Long non-coding RNA CHRF modulates the progression of cerebral ischemia/reperfusion injury via miR-126/SOX6 signaling pathway.

In this study, we found that CHRF was significantly correlated with miR-126, and miR-126 expression was decreased in the ischemic core following ischemia, while CHRF expression was increased according to the in vivo and in vitro experiments. Additionally, miR-126 significantly reduced oxygen-glucose deprivation and reoxygenation (OGD/R)-triggered apoptosis using TUNEL and flow cytometry analysis.

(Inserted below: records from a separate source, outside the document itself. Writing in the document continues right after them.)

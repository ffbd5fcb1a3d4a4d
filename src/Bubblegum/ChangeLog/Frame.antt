-- ===== src/Bubblegum/ChangeLog/Frame.antt =====
-- What saving a change log does outside the tables of trees.
use digital_asset_rpc_infras.Base.{ℕ, ◌+◌, Option, none, some, List, [], ◌∷◌, String}
use digital_asset_rpc_infras.Db.Session.Rules.{
  KeepsAssets, KeepsAssets-pure, KeepsAssets-raise, KeepsAssets-query, KeepsAssets-execute,
  KeepsAssets-ignore_error, KeepsAssets-bind, KeepsAssets-if, Does, Does-then_pure,
}
use digital_asset_rpc_infras.Bubblegum.Event.{PathNode, ChangeLogEventV1, Externals}
use digital_asset_rpc_infras.Bubblegum.ChangeLog.{
  insert_nodes, add_backfill, decode_tx, insert_change_log, save_changelog_event,
}

insert_nodes-KeepsAssets :
    (e : ChangeLogEventV1) (i : ℕ) (ps : List PathNode) → KeepsAssets (insert_nodes e i ps)
unfolding insert_nodes
insert_nodes-KeepsAssets e i [] = KeepsAssets-pure i
insert_nodes-KeepsAssets e i (p ∷ ps) =
    KeepsAssets-bind (KeepsAssets-execute _ _) (λ _. insert_nodes-KeepsAssets e (i + 1) ps)

add_backfill-KeepsAssets : (e : ChangeLogEventV1) (slot : ℕ) → KeepsAssets (add_backfill e slot)
unfolding add_backfill
add_backfill-KeepsAssets e slot =
    KeepsAssets-bind (KeepsAssets-query _ _) (λ _. KeepsAssets-execute _ _)

decode_tx-KeepsAssets : (o : Option (List ℕ)) → KeepsAssets (decode_tx o)
unfolding decode_tx
decode_tx-KeepsAssets none = KeepsAssets-raise _
decode_tx-KeepsAssets (some tx) = KeepsAssets-pure tx

module _ (x : Externals) (e : ChangeLogEventV1) (slot : ℕ) (txn_id instruction : String) where
  insert_change_log-KeepsAssets : KeepsAssets (insert_change_log x e slot txn_id instruction)
  unfolding insert_change_log
  insert_change_log-KeepsAssets = KeepsAssets-bind (insert_nodes-KeepsAssets e _ e.path) λ i.
      KeepsAssets-bind (decode_tx-KeepsAssets (x.bs58_decode txn_id)) λ tx.
        KeepsAssets-bind (KeepsAssets-ignore_error (KeepsAssets-execute _ _))
          λ _. KeepsAssets-if _ (add_backfill-KeepsAssets e slot) (KeepsAssets-pure tt)

  pub save_changelog_event-KeepsAssets :
      KeepsAssets (save_changelog_event x e slot txn_id instruction)
  unfolding save_changelog_event
  save_changelog_event-KeepsAssets =
      KeepsAssets-bind insert_change_log-KeepsAssets (λ _. KeepsAssets-pure e.seq)

pub save_changelog_event-Does :
    (x : Externals) (e : ChangeLogEventV1) (slot : ℕ) (txn_id instruction : String)
    → Does (λ t. t) e.seq (save_changelog_event x e slot txn_id instruction)
unfolding save_changelog_event
save_changelog_event-Does x e slot txn_id instruction =
    Does-then_pure e.seq (insert_change_log-KeepsAssets x e slot txn_id instruction)
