-- ===== src/Bubblegum/Convergence.antt =====
-- Events may be handled late, out of order and more than once (a tree is backfilled while new
-- changes arrive). These modules show which rows do not depend on that.
pub mod Rows
pub mod Settled
pub mod Data
pub mod Grouping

Moreover, CHRF played as a competing endogenous RNA (ceRNA) and competed with Sex-determining region Y box 6 (SOX6) to direct binding with miR-126, subsequently regulating ischemic neuronal death. CHRF knockdown in vivo markedly prevented ischemic damage and alleviated neurological dysfunctions. Thereby, these results revealed a new molecular mechanism of lncRNA CHRF through targeting miR-126/SOX6 signaling to modulate ischemic neuronal injury, providing solid evidence to develop promising therapeutic strategies against cerebral ischemic stroke. PMID: 31060778 [PubMed - as supplied by publisher]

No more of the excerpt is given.